• _Directions_:
Two lines in the listing below mark the span: one contains "-- ===== src/Review/Findings/Added.antt" and one contains "-- An element of a list has a property.". Reproduce both of them and everything between, exactly.

• _Extracted entries_:
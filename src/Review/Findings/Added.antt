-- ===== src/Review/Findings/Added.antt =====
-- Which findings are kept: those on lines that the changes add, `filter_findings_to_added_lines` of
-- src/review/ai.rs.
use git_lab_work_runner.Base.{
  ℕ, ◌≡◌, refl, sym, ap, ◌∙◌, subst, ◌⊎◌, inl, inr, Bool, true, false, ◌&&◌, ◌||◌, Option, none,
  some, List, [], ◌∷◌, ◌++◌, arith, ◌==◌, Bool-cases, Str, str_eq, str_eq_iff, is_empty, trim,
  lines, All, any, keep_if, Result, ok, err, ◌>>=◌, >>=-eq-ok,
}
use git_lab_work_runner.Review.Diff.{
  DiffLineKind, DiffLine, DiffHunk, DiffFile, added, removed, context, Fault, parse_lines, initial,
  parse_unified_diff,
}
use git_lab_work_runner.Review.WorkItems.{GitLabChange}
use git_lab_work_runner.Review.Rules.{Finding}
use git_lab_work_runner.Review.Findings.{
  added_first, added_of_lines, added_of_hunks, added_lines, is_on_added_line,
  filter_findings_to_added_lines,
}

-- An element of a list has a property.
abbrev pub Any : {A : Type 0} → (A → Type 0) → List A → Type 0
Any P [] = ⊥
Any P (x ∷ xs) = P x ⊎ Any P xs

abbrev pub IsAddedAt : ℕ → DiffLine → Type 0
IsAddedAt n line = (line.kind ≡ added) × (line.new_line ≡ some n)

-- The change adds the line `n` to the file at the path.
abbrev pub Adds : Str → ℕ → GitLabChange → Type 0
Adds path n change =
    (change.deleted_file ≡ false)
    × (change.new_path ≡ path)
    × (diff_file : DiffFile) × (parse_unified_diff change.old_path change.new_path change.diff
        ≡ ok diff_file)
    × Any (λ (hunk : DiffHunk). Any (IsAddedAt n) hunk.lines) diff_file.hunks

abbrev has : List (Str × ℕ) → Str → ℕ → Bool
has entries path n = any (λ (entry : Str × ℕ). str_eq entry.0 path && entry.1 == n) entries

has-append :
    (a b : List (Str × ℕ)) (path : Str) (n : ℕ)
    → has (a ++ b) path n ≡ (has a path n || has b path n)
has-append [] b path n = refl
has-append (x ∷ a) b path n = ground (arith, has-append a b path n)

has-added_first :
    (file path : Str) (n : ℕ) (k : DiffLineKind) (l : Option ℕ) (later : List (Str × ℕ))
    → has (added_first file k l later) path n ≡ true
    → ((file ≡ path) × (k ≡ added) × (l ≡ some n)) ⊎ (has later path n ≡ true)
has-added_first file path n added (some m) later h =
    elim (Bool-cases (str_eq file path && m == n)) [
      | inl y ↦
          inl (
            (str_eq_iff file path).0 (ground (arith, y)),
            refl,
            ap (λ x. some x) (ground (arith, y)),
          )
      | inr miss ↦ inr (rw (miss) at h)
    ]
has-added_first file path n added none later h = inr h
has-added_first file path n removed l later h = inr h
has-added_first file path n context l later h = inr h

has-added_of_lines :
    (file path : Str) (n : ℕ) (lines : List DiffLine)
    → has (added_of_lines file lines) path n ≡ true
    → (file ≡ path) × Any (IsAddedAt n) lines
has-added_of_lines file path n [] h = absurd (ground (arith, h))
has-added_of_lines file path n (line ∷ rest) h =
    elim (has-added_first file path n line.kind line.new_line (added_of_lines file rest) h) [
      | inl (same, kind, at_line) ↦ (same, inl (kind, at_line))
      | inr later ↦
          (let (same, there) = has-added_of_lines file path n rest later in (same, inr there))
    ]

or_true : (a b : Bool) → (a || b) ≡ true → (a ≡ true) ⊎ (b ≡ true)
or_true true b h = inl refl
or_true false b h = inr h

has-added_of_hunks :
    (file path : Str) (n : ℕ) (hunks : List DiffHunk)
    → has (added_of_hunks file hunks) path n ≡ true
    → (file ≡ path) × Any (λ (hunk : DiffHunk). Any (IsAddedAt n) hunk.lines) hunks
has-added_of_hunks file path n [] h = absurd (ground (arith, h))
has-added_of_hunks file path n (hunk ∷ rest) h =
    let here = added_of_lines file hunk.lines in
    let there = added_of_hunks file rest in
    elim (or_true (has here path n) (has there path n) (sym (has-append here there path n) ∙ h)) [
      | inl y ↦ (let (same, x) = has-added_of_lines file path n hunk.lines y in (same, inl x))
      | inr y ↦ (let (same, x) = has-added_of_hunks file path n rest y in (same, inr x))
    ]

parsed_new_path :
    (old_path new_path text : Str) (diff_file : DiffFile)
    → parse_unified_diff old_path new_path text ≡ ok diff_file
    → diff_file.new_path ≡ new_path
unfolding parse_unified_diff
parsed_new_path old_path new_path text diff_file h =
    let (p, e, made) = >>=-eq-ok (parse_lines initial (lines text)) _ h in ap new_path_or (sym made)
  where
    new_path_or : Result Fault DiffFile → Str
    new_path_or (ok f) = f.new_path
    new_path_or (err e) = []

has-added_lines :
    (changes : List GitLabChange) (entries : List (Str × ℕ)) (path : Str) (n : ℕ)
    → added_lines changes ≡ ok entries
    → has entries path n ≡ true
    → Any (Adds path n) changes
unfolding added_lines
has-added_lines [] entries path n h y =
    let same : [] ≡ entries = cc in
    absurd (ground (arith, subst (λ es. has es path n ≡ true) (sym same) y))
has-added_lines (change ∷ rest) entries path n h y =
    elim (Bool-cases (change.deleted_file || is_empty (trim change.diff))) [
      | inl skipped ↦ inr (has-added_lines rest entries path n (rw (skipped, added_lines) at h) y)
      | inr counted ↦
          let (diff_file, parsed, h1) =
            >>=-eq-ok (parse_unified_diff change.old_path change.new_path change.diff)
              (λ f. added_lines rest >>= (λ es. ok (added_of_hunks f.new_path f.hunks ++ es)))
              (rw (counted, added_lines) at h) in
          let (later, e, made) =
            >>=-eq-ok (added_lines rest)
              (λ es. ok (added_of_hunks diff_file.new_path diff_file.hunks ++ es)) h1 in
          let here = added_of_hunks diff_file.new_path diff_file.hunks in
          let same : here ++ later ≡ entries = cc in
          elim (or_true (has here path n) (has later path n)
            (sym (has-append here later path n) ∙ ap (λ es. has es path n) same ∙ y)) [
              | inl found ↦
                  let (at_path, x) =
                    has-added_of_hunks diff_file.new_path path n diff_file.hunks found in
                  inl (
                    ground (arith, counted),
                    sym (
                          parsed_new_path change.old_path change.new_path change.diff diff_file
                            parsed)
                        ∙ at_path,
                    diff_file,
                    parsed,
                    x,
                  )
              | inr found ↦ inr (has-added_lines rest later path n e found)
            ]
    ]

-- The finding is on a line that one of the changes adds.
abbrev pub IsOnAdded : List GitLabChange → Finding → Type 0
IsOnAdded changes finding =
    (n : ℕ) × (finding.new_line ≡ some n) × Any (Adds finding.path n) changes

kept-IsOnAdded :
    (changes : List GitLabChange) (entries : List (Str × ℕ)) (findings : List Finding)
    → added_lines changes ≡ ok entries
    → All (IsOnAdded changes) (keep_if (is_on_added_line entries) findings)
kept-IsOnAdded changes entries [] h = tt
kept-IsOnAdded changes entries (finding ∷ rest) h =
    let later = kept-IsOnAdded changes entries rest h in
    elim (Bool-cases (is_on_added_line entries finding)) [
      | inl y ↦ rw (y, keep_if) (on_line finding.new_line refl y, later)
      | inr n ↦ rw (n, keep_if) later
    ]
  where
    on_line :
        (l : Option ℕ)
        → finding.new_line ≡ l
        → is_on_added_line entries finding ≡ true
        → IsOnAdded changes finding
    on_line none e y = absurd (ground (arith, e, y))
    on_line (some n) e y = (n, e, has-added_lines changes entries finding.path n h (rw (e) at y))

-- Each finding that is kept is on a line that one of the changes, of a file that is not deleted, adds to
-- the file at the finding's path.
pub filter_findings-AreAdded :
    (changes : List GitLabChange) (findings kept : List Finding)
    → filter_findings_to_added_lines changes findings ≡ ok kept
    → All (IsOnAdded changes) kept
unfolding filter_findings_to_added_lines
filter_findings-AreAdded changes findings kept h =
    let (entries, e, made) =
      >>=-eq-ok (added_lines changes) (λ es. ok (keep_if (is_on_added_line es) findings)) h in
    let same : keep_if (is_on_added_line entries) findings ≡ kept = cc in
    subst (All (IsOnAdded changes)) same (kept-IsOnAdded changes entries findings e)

• _Answer to the problem_:
-- ===== src/Review/Findings/Added.antt =====
-- Which findings are kept: those on lines that the changes add, `filter_findings_to_added_lines` of
-- src/review/ai.rs.
use git_lab_work_runner.Base.{
  ℕ, ◌≡◌, refl, sym, ap, ◌∙◌, subst, ◌⊎◌, inl, inr, Bool, true, false, ◌&&◌, ◌||◌, Option, none,
  some, List, [], ◌∷◌, ◌++◌, arith, ◌==◌, Bool-cases, Str, str_eq, str_eq_iff, is_empty, trim,
  lines, All, any, keep_if, Result, ok, err, ◌>>=◌, >>=-eq-ok,
}
use git_lab_work_runner.Review.Diff.{
  DiffLineKind, DiffLine, DiffHunk, DiffFile, added, removed, context, Fault, parse_lines, initial,
  parse_unified_diff,
}
use git_lab_work_runner.Review.WorkItems.{GitLabChange}
use git_lab_work_runner.Review.Rules.{Finding}
use git_lab_work_runner.Review.Findings.{
  added_first, added_of_lines, added_of_hunks, added_lines, is_on_added_line,
  filter_findings_to_added_lines,
}

-- An element of a list has a property.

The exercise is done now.